Exercise aim:
Lines in the data below that contain the word "unquote" are to be copied.
★ ★ ★ ★ ★ ★ ★
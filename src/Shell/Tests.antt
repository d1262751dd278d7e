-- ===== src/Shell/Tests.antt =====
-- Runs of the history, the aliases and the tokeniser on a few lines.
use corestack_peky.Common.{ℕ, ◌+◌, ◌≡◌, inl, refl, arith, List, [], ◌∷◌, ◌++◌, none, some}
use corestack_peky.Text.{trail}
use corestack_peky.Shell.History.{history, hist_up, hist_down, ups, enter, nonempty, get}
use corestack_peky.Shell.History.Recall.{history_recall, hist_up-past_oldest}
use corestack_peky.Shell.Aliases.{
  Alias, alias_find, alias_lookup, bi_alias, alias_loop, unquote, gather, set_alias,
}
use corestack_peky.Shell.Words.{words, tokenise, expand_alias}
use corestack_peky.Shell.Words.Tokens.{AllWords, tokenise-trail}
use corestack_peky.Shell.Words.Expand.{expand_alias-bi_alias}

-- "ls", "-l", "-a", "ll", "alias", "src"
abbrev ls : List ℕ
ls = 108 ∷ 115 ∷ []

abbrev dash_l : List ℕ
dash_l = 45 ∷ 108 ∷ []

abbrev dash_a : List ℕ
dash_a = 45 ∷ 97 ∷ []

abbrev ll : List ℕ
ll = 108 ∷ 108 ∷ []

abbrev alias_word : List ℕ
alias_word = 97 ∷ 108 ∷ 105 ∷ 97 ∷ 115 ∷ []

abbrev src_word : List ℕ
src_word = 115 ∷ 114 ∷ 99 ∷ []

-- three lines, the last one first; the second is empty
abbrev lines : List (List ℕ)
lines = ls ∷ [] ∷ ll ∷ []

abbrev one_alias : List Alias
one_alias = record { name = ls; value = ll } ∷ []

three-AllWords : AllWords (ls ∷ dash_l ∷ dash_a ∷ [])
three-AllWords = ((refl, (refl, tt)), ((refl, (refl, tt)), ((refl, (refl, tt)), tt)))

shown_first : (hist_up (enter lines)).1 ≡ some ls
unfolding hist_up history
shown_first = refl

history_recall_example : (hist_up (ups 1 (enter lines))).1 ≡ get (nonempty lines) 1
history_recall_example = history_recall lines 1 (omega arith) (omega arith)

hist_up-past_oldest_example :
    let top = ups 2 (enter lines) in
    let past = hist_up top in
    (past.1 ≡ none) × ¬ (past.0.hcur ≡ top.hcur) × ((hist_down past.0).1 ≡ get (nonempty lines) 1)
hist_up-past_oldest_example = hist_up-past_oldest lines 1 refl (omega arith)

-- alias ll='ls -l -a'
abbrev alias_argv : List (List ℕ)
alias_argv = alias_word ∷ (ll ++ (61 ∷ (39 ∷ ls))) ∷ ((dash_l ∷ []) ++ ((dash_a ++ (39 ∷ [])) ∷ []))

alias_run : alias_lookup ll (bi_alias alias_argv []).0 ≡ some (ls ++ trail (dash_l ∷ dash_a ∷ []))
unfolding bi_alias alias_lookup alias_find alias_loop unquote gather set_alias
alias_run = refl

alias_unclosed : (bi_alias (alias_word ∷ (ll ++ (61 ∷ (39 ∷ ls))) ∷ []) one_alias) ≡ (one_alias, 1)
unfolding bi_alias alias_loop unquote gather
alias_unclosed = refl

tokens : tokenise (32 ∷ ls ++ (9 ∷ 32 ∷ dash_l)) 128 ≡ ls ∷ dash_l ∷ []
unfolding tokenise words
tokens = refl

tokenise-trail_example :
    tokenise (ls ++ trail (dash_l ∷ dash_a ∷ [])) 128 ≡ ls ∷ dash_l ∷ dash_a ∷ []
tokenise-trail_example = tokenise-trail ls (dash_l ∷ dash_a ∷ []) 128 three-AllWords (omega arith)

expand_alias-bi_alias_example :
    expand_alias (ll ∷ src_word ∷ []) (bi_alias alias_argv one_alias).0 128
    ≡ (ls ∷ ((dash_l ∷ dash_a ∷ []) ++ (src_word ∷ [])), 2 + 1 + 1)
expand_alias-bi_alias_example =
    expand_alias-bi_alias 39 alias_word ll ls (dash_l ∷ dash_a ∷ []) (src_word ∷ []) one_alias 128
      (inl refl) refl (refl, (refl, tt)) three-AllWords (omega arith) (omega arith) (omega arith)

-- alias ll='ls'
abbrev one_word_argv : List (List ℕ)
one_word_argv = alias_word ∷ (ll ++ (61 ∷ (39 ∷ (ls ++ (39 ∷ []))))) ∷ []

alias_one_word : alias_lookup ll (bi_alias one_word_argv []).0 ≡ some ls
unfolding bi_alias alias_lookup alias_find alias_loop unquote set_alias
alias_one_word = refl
★ ★ ★ ★ ★ ★ ★
Solution for this exercise:
  Alias, alias_find, alias_lookup, bi_alias, alias_loop, unquote, gather, set_alias,
unfolding bi_alias alias_lookup alias_find alias_loop unquote gather set_alias
unfolding bi_alias alias_loop unquote gather
unfolding bi_alias alias_lookup alias_find alias_loop unquote set_alias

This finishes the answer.